Synthesis of Bis(methoxycarbene) and Bis(alkylidene) Ligands Bridging Two Iron Centers in the Cp*Fe(L1)(L2) Series. X-ray Crystal Structure of the Iron Alkylidene [Cp*Fe(dppe)(C(H)Me)][PF₆]

Citations Over TimeTop 18% of 1996 papers

Abstract

The carbene [Cp*Fe(dppe)(C(OMe)Me)][CF3SO3] [2b, Cp* = η5-C5Me5, dppe = ethylenebis(diphenylphosphine)] was prepared in 97% yield from [Cp*Fe(CO)2(C(OMe)Me)][CF3SO3] upon photochemical displacement of the carbonyl ligands, and the iron methoxycarbene [Cp*Fe(CO)(PMe3)(C(OMe)Me)][CF3SO3] (2c) was obtained (80%) upon alkylation of the acyl derivative Cp*Fe(PMe3)(CO)(COCH3) (4).

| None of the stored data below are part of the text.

-- ===== src/Examples/Stopping.antt =====
-- Runs of ktool.py that stop early, and parts of a run.
use user_basic.Base.{
  replicate, ◌↔◌, suc, true, false, some, [], ◌≡◌, refl, arith, codes, line_eq, ℕ, ◌*◌, ◌-◌, ◌++◌,
  ◌≤◌, ◌<◌,
}
use user_basic.Ktool.Port.{ok, err, exit, ◌>>◌}
use user_basic.Ktool.Display.{bar, print_progress_bar, Shown}
use user_basic.Ktool.Display.Bar.{print_progress_bar-full}
use user_basic.Process.Args.{dan, settle}
use user_basic.Process.World.{choose_port}
use user_basic.Process.Detect.{kill, tool_check, detect_loop}
use user_basic.Process.Once.{once, detect_loop-once}
use user_basic.Process.Flow.{process, run_port}
use user_basic.Process.Refused.{no_such, opened, run_port-killed, process-BadFile}
use user_basic.Examples.Running.{world, arguments, args, replies, loader}

no_file_port : choose_port world (settle (arguments [])) ≡ some (codes "ttyUSB1")
unfolding choose_port line_eq settle
no_file_port = refl

process-BadFile_example :
    process world (arguments []) (loader replies)
    ≡ (opened (record (loader replies) { tool_killed = false }), err (exit 1))
process-BadFile_example =
    process-BadFile world (arguments []) (loader replies) (codes "ttyUSB1") no_file_port refl refl
      refl refl (no_such refl)

run_port-killed_example :
    ((run_port world args (codes "ttyUSB1") (kill (loader replies))).0.sent ≡ [])
    × ((run_port world args (codes "ttyUSB1") (kill (loader replies))).0.actions ≡ [])
    × ((u : Unit {0})
        → ¬ ((run_port world args (codes "ttyUSB1") (kill (loader replies))).1 ≡ ok u))
run_port-killed_example = run_port-killed world args (codes "ttyUSB1") (loader replies) refl

detect_loop-once_example :
    detect_loop 15 dan (loader replies) ≡ (tool_check >> once dan) (loader replies)
detect_loop-once_example = detect_loop-once 14 dan (loader replies)

print_progress_bar-full_example :
    (shown : Shown) × (places : ℕ) × (print_progress_bar true
        (codes "75.0")
        3
        4
        (codes "Programming BIN:")
        (codes "9 kiB/s")
        []
        8
      ≡ some shown)
    × (shown.text ≡ (
        codes "\r"
        ++ codes "Programming BIN:"
        ++ codes " |"
        ++ replicate places b'='
        ++ replicate (8 - places) b'-'
        ++ codes "| "
        ++ codes "75.0"
        ++ codes "% "
        ++ codes "9 kiB/s"))
    × (places ≤ 8)
    × (places * 4 ≤ 8 * 3)
    × (8 * 3 < suc places * 4)
    × ((shown.new_line ≡ true) ↔ (places ≡ 8))
print_progress_bar-full_example =
    print_progress_bar-full true (codes "75.0") 3 4 (codes "Programming BIN:") (codes "9 kiB/s") []
      8 (omega arith) (omega arith) (omega arith)

bar_drawn : bar 8 3 4 ≡ codes "======--"
unfolding bar
bar_drawn = refl
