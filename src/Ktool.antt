-- ===== src/Ktool.antt =====
-- user/src/oscomp/ktool.py: the loader for K210 boards.
pub mod Slip
pub mod Packet
pub mod Response
pub mod Port
pub mod Greeting
pub mod Transfer
pub mod Memory
pub mod Keeps
pub mod Runs
pub mod Stall
pub mod Display
pub mod Reset
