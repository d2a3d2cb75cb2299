-- ===== src/Ktool/Display/Size.antt =====
-- ktool.py: the size of the terminal.
use user_basic.Base.{
  ℕ, ◌+◌, ◌-◌, Bool, true, false, Option, none, some, Line, codes, ◌≡◌, refl, if◌then◌else◌, ◌==◌,
}
use user_basic.Base.Int.{ℤ, pos}
use user_basic.Base.Number.{parse_int}

-- `platform.system()`
pub data System : Type 0 where
  windows linux darwin cygwin other_system : System

-- The edges of a console window, which are not negative.
pub record Window : Type 0 where
  pub left : ℕ
  pub top : ℕ
  pub right : ℕ
  pub bottom : ℕ

-- What the system gives: the window of `GetConsoleScreenBufferInfo`, the texts that `tput cols` and
-- `tput lines` print, the rows and columns that the ioctl gives for a descriptor, and for the
-- terminal of the process. `none` stands for a call that fails.
pub record Probes : Type 0 where
  pub console : Option Window
  pub tput : Option (Line × Line)
  pub ioctl_gwinsz : ℕ → Option (ℕ × ℕ)
  pub ctermid_gwinsz : Option (ℕ × ℕ)

abbrev pub Size : Type 0
Size = Option (ℤ × ℤ)

-- `a or b`: a tuple of two counts as true.
abbrev pub or_size {ℓ} : {A : Type ℓ} → Option A → Option A → Option A
or_size none other = other
or_size (some size) other = some size

size_of_window : Option Window → Size
size_of_window none = none
size_of_window (some w) = some (pos (w.right + 1 - w.left), pos (w.bottom + 1 - w.top))

-- `_getTerminalSize_windows`
unfoldable pub windows_size : Probes → Size
unfolding size_of_window
windows_size p = size_of_window p.console

both : Option ℤ → Option ℤ → Size
both (some cols) (some rows) = some (cols, rows)
both _ _ = none

size_of_texts : Option (Line × Line) → Size
unfolding both
size_of_texts none = none
size_of_texts (some (cols, rows)) = both (parse_int cols) (parse_int rows)

-- `_getTerminalSize_tput`
unfoldable pub tput_size : Probes → Size
unfolding size_of_texts
tput_size p = size_of_texts p.tput

-- The rows come first. Without any, the environment is asked by `os.env`, which Python does not have,
-- and the exception gives no size.
swapped : Option (ℕ × ℕ) → Size
swapped none = none
swapped (some (rows, columns)) = some (pos columns, pos rows)

-- `_getTerminalSize_linux`
unfoldable pub linux_size : Probes → Size
unfolding swapped
linux_size p = swapped (
    or_size (or_size (or_size (p.ioctl_gwinsz 0) (p.ioctl_gwinsz 1)) (p.ioctl_gwinsz 2))
      p.ctermid_gwinsz)

unfoldable pub probed : System → Probes → Size
unfolding windows_size tput_size linux_size
probed windows p = or_size (windows_size p) (tput_size p)
probed linux p = linux_size p
probed darwin p = linux_size p
probed cygwin p = linux_size p
probed other_system p = none

size_or : ℤ × ℤ → Size → ℤ × ℤ
size_or default none = default
size_or default (some size) = size

-- `getTerminalSize`
unfoldable pub detected_size : System → Probes → ℤ × ℤ
unfolding probed size_or
detected_size system p = size_or (pos 80, pos 25) (probed system p)

-- `get_terminal_size`, where a caller that is no terminal may give the size.
unfoldable pub get_terminal_size : Bool → Bool → ℤ × ℤ → System → Probes → ℤ × ℤ
unfolding detected_size
get_terminal_size terminal auto_size given system p =
    if terminal then detected_size system p else if auto_size then detected_size system p else given

abbrev redirected : Probes
redirected = record {
  console = none;
  tput = some (codes "120\n", codes "40\n");
  ioctl_gwinsz = λ fd. if fd == 2 then some (50, 132) else none;
  ctermid_gwinsz = none;
}

of_stderr : get_terminal_size true false (pos 100, pos 24) linux redirected ≡ (pos 132, pos 50)
unfolding get_terminal_size
of_stderr = refl

of_tput : get_terminal_size true false (pos 100, pos 24) windows redirected ≡ (pos 120, pos 40)
unfolding get_terminal_size parse_int
of_tput = refl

The iron−methylidene [Cp*Fe(dppe)(C(H)Me)][PF6] (6) was synthesized (95%) by treatment of Cp*Fe(dppe)(CH(OMe)Me) (5) with an aqueous solution of hexafluorophosphate acid. The ethylidene 6 is very stable in solution as in the solid state, and no decomposition reaction was observed by NMR spectroscopy at 50 °C. The X-ray crystal structure of 6 was solved and refined. The Fe−C(37) bond distance (1.787 Å) reveals the double-bond character of the metal−carbon bond. Reaction of the iron carbene complexes 2a−c and 6 with 2 equiv of potassium tert-butoxide in THF gave the corresponding vinyl derivatives 7a−d in high yield (80−90%). CV analyses of the vinyl complexes 7a−d display at 20 °C an oxidation wave at a platinum electrode with the (ipa/ipc) current ratio less than unity. CV and ESR measurements established the stability of the 17-electron vinyl radical in CH2Cl2 at −80 °C. Warming to 20 °C of the 17-electron iron(III) complexes [7a−d]•+[PF6-] in solid state allows the vinyl−vinyl coupling providing the new binuclear bis(carbene) complexes 8a−d in 60−95% yield. The complex 8a was isolated as a pure diastereoisomer, whereas 8b was a mixture of the meso 8b(RS,SR) and dl 8b(RR,SS) isomers in the 2/1 ratio. The diastereoisomers were separated by CH2Cl2 extraction which only solubilizes the dl pair.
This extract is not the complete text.